Yeah, works great with about 170 hp in front of it. 1431 paired with 8670 NH tractor is "da bomb"


----------



## dbergh (Jun 3, 2010)

Gearclash, We are using a JD 8300 w/ 200hp. Way overkill on HP obviously but it has the autosteer so it gets to do the duty!


----------



## mlappin (Jun 25, 2009)

Vol said:


> NH says 90 pto hp and max operating speed of 9 mph. I am guessing mlappin exceeded that recommendation.
> 
> Regards, Mike.


I have 120hp on mine, works just fine 99% of the time, was running 11mph mowing second cut the other day, but if our fields don't look like a sheet of glass before planting hay, it ain't ready to plant. I did try around a ninety horse tractor on it when I first got my 1431, it will run it, but the black smoke will roll depending on speed. Straight grass cuts harder than alfalfa, later cutting of grass can really pull hard. A nice mix of alfalfa and OG regardless of cutting mows real nice. Only time I notice a lack of horsepower is if I have a good hill to climb or the crop is lodged and is so tall the rollers will grab it before the disks cut it off, will just about kill the tractor when that happens.

We had another thread going somewhere a guy was having gear box problems with his 1431 or maybe the newer one as he'd replaced the same one several times already, I'm wondering if too much horsepower could be the cause? THinking is this, with too much you won't notice when it might be pulling excessively hard but with 120 hp I have to slow down so as not to overload the tractor instead of powering thru and overloading the gearboxes.


----------



## mlappin (Jun 25, 2009)

BINGO...

http://www.haytalk.com/forums/topic/13627-1431-gearbox-problems/?hl=gearbox


----------



## barnrope (Mar 22, 2010)

A 4020 Deere at about 100 hp will handle one but they are a little light and you can get a push when turning too fast. The 4440 handles it nicely at any speed you want, but the 1431 gets pushy on the rear end of that too when turning too fast. The ol' 4620 has enough iron in its rear to hold the 1431 in place well. Now we're running the H7450 on a Deere 7920 and its overkill but it's nice to sit in the tractor


----------



## Coondle (Aug 28, 2013)

There is no substitute for real grunt. You can do a little job with a big tractor but not the other way round. The discbines sure do soak up the power, the little brother to the 1431 the 1411 still needs all of 90 engine hp up front to cut 10 foot 4 inches whereas the same cut with a haybine (sickle) like the NH 489 needs only 40 or so hp.

Making the discbine labour could do a gearbox. The 1431 is a 1000rpm pto input speed machine. The reason that machines go to 1000 rpm is to reduce the torque requirements on the particularly on the tractor drive train. But dropping revs and labouring the machine raises the torque requirements through the gearbox to keep the discs spinning. Similarly the crop density and the roller setting. ie close set and high pressure loading on the rollers will also load up the gearbox in a heavy yielding paddock.
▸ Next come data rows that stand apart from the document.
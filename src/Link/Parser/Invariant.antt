-- ===== src/Link/Parser/Invariant.antt =====
-- What holds of the parser between two steps, and that each step brings it nearer to the end.
use dnp.Prelude.{
  ℕ, zero, suc, ◌+◌, ◌-◌, ◌*◌, ◌≤◌, ◌<◌, ◌≡◌, refl, ◌∙◌, inl, inr, Bool, true, false, List, [], ◌∷◌,
  ◌==◌, ◌&&◌, ◌++◌, arith, length, take, drop, get_or, write_at, All, All-append, All-take,
  All-drop, Bool-cases, lt_or_le, length-take, lt→ltb, le→ltb,
}
use dnp.Link.Header.{read_header, valid_length}
use dnp.Link.Frame.{calc_frame_size, calc_user_data_size, read_blocks, block_size}
use dnp.Link.InPlace.{read_blocks-Moved}
use dnp.Link.Validation.{validate_function_code, validate_payload}
use dnp.Link.Buffer.{ShiftableBuffer, num_bytes_read, read_buffer, advance_read, sync, sync_loop}
use dnp.Link.Parser.{
  State, find_sync, read_header_state, read_body, complete, LinkLayerParser, parse_sync,
  parse_header, parse_body, read_frame_header, validate_header_parameters, validate_body,
  transfer_user_data, dispatch, parse_one_step, state_eq,
}

abbrev pub Byte : ℕ → Type 0
Byte b = b < 256

pub record BufferOk (b : ShiftableBuffer) : Type 0 where
  pub bytes : All Byte b.bytes
  pub size : length b.bytes ≡ 292
  pub order : b.read_pos ≤ b.write_pos
  pub top : b.write_pos ≤ 292

-- The header has been accepted, and the frame's size is the one that its length gives.
pub record Framed (p : LinkLayerParser) : Type 0 where
  pub low : 5 ≤ p.header.length
  pub high : p.header.length < 256
  pub sized : p.frame_size ≡ calc_frame_size (p.header.length - 5)
  pub accepted : validate_function_code p.header ≡ true
  pub payload : validate_payload p.header ≡ true
  pub addresses : (p.header.dest < 65536) × (p.header.src < 65536)

-- The invariant of a parser whose state is `s`.
pub record Sound (s : State) (p : LinkLayerParser) : Type 0 where
  pub ok : BufferOk p.buffer
  pub framed : s ≡ read_body → Framed p
  pub ready :
      s ≡ complete
      → Framed p
        × (p.frame_size ≤ num_bytes_read p.buffer)
        × (length p.user_data ≡ p.header.length - 5)

-- Falls with every change of state: a byte is worth more than the four states.
abbrev pub rank : State → ℕ
rank find_sync = 3
rank read_header_state = 2
rank read_body = 1
rank complete = 0

abbrev pub measure : State → LinkLayerParser → ℕ
measure s p = 4 * num_bytes_read p.buffer + rank s

-- Where a step that changes no state leaves the parser waiting for bytes.
abbrev pub Waiting : State → LinkLayerParser → Type 0
Waiting find_sync p = num_bytes_read p.buffer < 10
Waiting read_header_state p = num_bytes_read p.buffer < 10
Waiting read_body p = num_bytes_read p.buffer < p.frame_size
Waiting complete p = p.frame_size ≤ num_bytes_read p.buffer

pub record Stepped (s s' : State) (p p' : LinkLayerParser) : Type 0 where
  pub sound : Sound s' p'
  pub fewer : num_bytes_read p'.buffer ≤ num_bytes_read p.buffer
  pub ends : state_eq s' s ≡ true → Waiting s' p'
  pub falls : state_eq s' s ≡ false → measure s' p' < measure s p

pub frame_size-bounds :
    (p : LinkLayerParser) → Framed p → (10 ≤ p.frame_size) × (p.frame_size ≤ 292)
unfolding calc_frame_size calc_user_data_size
frame_size-bounds p f = ground (arith, f.low, f.high, f.sized)

pub advance_read-BufferOk :
    (n : ℕ) (b : ShiftableBuffer) → BufferOk b → n ≤ num_bytes_read b → BufferOk (advance_read n b)
unfolding advance_read
advance_read-BufferOk n b v h = record {
  bytes = v.bytes;
  size = v.size;
  order = omega (arith, v.order);
  top = v.top;
}

record Synced (b b' : ShiftableBuffer) (found : Bool) : Type 0 where
  ok : BufferOk b'
  fewer : num_bytes_read b' ≤ num_bytes_read b
  some_left : found ≡ true → 2 ≤ num_bytes_read b'
  none_left : found ≡ false → num_bytes_read b' ≤ 1

num_bytes-advance : (b : ShiftableBuffer) → num_bytes_read (advance_read 1 b) ≤ num_bytes_read b
unfolding advance_read
num_bytes-advance b = omega arith

num_bytes-advance_lt :
    (b : ShiftableBuffer) (fuel : ℕ)
    → 1 < num_bytes_read b
    → num_bytes_read b ≤ suc fuel
    → num_bytes_read (advance_read 1 b) ≤ fuel
unfolding advance_read
num_bytes-advance_lt b fuel h k = omega arith

Synced-advance :
    (b b' : ShiftableBuffer) (found : Bool) → Synced (advance_read 1 b) b' found → Synced b b' found
Synced-advance b b' found r = record {
  ok = r.ok;
  fewer = omega (arith, r.fewer, num_bytes-advance b);
  some_left = r.some_left;
  none_left = r.none_left;
}

sync_loop-Synced :
    (fuel : ℕ) (b : ShiftableBuffer)
    → BufferOk b
    → num_bytes_read b ≤ fuel
    → Synced b (sync_loop fuel b).0 (sync_loop fuel b).1
unfolding sync_loop
sync_loop-Synced zero b v h = record {
  ok = v;
  fewer = omega arith;
  some_left = λ e. cc;
  none_left = λ e. omega arith;
}
sync_loop-Synced (suc fuel) b v h =
    let ih = λ (v' : BufferOk (advance_read 1 b)) (h' : num_bytes_read (advance_read 1 b) ≤ fuel).
      sync_loop-Synced fuel (advance_read 1 b) v' h' in
    elim (lt_or_le 2 (num_bytes_read b + 1)) [
      | inl two ↦
          elim (Bool-cases
            (get_or (read_buffer b) 0 0 == 0x05 && get_or (read_buffer b) 1 0 == 0x64)) [
              | inl here ↦
                  rw (lt→ltb 1 (num_bytes_read b) (omega arith), here)
                    (record {
                      ok = v;
                      fewer = omega arith;
                      some_left = λ e. omega arith;
                      none_left = λ e. cc;
                    })
              | inr other ↦
                  rw (lt→ltb 1 (num_bytes_read b) (omega arith), other)
                    (Synced-advance b _ _ (
                      ih (advance_read-BufferOk 1 b v (omega arith))
                        (num_bytes-advance_lt b fuel (omega arith) h)))
            ]
      | inr few ↦ rw (le→ltb 1 (num_bytes_read b) (omega arith)) (record {
        ok = v;
        fewer = omega arith;
        some_left = λ e. cc;
        none_left = λ e. omega arith;
      })
    ]

sync-Synced : (b : ShiftableBuffer) → BufferOk b → Synced b (sync b).0 (sync b).1
unfolding sync
sync-Synced b v = sync_loop-Synced (num_bytes_read b) b v (omega arith)

parse_sync-Stepped :
    (p : LinkLayerParser)
    → Sound find_sync p
    → Stepped find_sync (parse_sync p).1 p (parse_sync p).0
unfolding parse_sync
parse_sync-Stepped p v = ground (arith, sync-Synced p.buffer v.ok)

get_or-Byte : (xs : List ℕ) (i : ℕ) → All Byte xs → get_or xs i 0 < 256
get_or-Byte [] i h = omega arith
get_or-Byte (x ∷ xs) zero h = h.0
get_or-Byte (x ∷ xs) (suc i) h = get_or-Byte xs i h.1

read_buffer-Byte : (b : ShiftableBuffer) → BufferOk b → All Byte (read_buffer b)
read_buffer-Byte b v =
    All-take Byte (num_bytes_read b) (drop b.read_pos b.bytes)
      (All-drop Byte b.read_pos b.bytes v.bytes)

read_frame_header-Framed :
    (p : LinkLayerParser)
    → BufferOk p.buffer
    → ((read_frame_header p).0.buffer ≡ p.buffer)
      × ((read_frame_header p).1 ≡ true → Framed (read_frame_header p).0)
unfolding read_frame_header validate_header_parameters read_header valid_length
read_frame_header-Framed p v = ground (arith, byte 2, byte 4, byte 5, byte 6, byte 7)
  where
    byte : (i : ℕ) → get_or (read_buffer p.buffer) i 0 < 256
    byte i = get_or-Byte (read_buffer p.buffer) i (read_buffer-Byte p.buffer v)

parse_header-Stepped :
    (p : LinkLayerParser)
    → Sound read_header_state p
    → Stepped read_header_state (parse_header p).1 p (parse_header p).0
unfolding parse_header advance_read
parse_header-Stepped p v = ground (arith, read_frame_header-Framed p v.ok)

pub write_at-Byte :
    (n : ℕ) (src buf : List ℕ) → All Byte src → All Byte buf → All Byte (write_at n src buf)
write_at-Byte n src buf hs hb =
    All-append Byte (take n buf) (src ++ drop (n + length src) buf) (All-take Byte n buf hb)
      (All-append Byte src (drop (n + length src) buf) hs (All-drop Byte (n + length src) buf hb))

read_blocks-Byte :
    (fuel : ℕ) (buf : List ℕ) (src dest n : ℕ)
    → All Byte buf
    → All Byte (read_blocks fuel buf src dest n)
unfolding read_blocks
read_blocks-Byte zero buf src dest n h = h
read_blocks-Byte (suc fuel) buf src dest n h =
    let ih =
      read_blocks-Byte fuel (write_at dest (take (block_size n) (drop src buf)) buf)
        (src + (block_size n + 2)) (dest + block_size n) (n - block_size n)
        (write_at-Byte dest (take (block_size n) (drop src buf)) buf
          (All-take Byte (block_size n) (drop src buf) (All-drop Byte src buf h)) h) in
    ground (arith, ih)

validate_body_keeps :
    (p : LinkLayerParser)
    → ((validate_body p).0.buffer ≡ p.buffer)
      × ((validate_body p).0.header ≡ p.header)
      × ((validate_body p).0.frame_size ≡ p.frame_size)
unfolding validate_body
validate_body_keeps p = ground arith

-- What the transfer of the data leaves.
pub transfer_user_data-BufferOk :
    (p : LinkLayerParser)
    → BufferOk p.buffer
    → Framed p
    → p.frame_size ≤ num_bytes_read p.buffer
    → BufferOk (transfer_user_data p).buffer
unfolding transfer_user_data calc_frame_size
transfer_user_data-BufferOk p v f h = record {
  bytes =
      read_blocks-Byte (p.header.length - 5) p.buffer.bytes (p.buffer.read_pos + 10) 0
        (p.header.length - 5) v.bytes;
  size =
      (read_blocks-Moved (p.header.length - 5) p.buffer.bytes (p.buffer.read_pos + 10) 0
        (p.header.length - 5) (omega arith) (omega arith)
        (omega (arith, v.size, v.order, v.top, f.sized, h))).size
      ∙ v.size;
  order = v.order;
  top = v.top;
}

transfer_user_data_length :
    (p : LinkLayerParser)
    → BufferOk (transfer_user_data p).buffer
    → Framed p
    → length (transfer_user_data p).user_data ≡ p.header.length - 5
unfolding transfer_user_data
transfer_user_data_length p v f =
    omega
      (arith, v.size, f.high, length-take (p.header.length - 5) (transfer_user_data p).buffer.bytes)

pub transfer_user_data_keeps :
    (p : LinkLayerParser)
    → (num_bytes_read (transfer_user_data p).buffer ≡ num_bytes_read p.buffer)
      × ((transfer_user_data p).header ≡ p.header)
      × ((transfer_user_data p).frame_size ≡ p.frame_size)
unfolding transfer_user_data
transfer_user_data_keeps p = ground arith

parse_body-Stepped :
    (p : LinkLayerParser)
    → Sound read_body p
    → Stepped read_body (parse_body p).1 p (parse_body p).0
unfolding parse_body advance_read
parse_body-Stepped p v = ground (
  arith,
  v.framed refl,
  frame_size-bounds p,
  validate_body_keeps p,
  transfer_user_data-BufferOk (validate_body p).0,
  transfer_user_data_length (validate_body p).0,
  transfer_user_data_keeps (validate_body p).0,
)

dispatch-Stepped :
    (s : State) (p : LinkLayerParser) → Sound s p → Stepped s (dispatch s p).1 p (dispatch s p).0
unfolding dispatch
dispatch-Stepped find_sync p v = parse_sync-Stepped p v
dispatch-Stepped read_header_state p v = parse_header-Stepped p v
dispatch-Stepped read_body p v = parse_body-Stepped p v
dispatch-Stepped complete p v = record {
  sound = v;
  fewer = omega arith;
  ends = λ e. (v.ready refl).1;
  falls = λ e. cc;
}

Stepped-state :
    (s s' t : State) (p p' : LinkLayerParser)
    → Stepped s s' p p'
    → Stepped s s' p (record p' { state = t })
Stepped-state s find_sync t p p' r = ground (arith, r.sound, r.ends, r.falls)
Stepped-state s read_header_state t p p' r = ground (arith, r.sound, r.ends, r.falls)
Stepped-state s read_body t p p' r = ground (arith, r.sound, r.ends, r.falls)
Stepped-state s complete t p p' r = ground (arith, r.sound, r.ends, r.falls)

-- Each step keeps the invariant, and either changes the state and brings the end nearer, or leaves
-- the parser where only more bytes help.
pub parse_one_step-Stepped :
    (p : LinkLayerParser)
    → Sound p.state p
    → Stepped p.state (parse_one_step p).state p (parse_one_step p)
unfolding parse_one_step
parse_one_step-Stepped p v = Stepped-state p.state _ _ p _ (dispatch-Stepped p.state p v)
I run a Case 2290 in front of my 1411 and the revs do not drop even in crops yielding 250 bales (15,000 lbs dry hay) per acre.

Cutting tall crops that have lodged means that you may have to travel in the direction the crop has fallen or at least cross ways so the rollers cannot grab the plants before the discs cut them. That amount of energy to uproot the plants should cause the slip clutch to give way and slip. If it doesn't slip the next weakest component will break, usually the gearbox and that is expensive.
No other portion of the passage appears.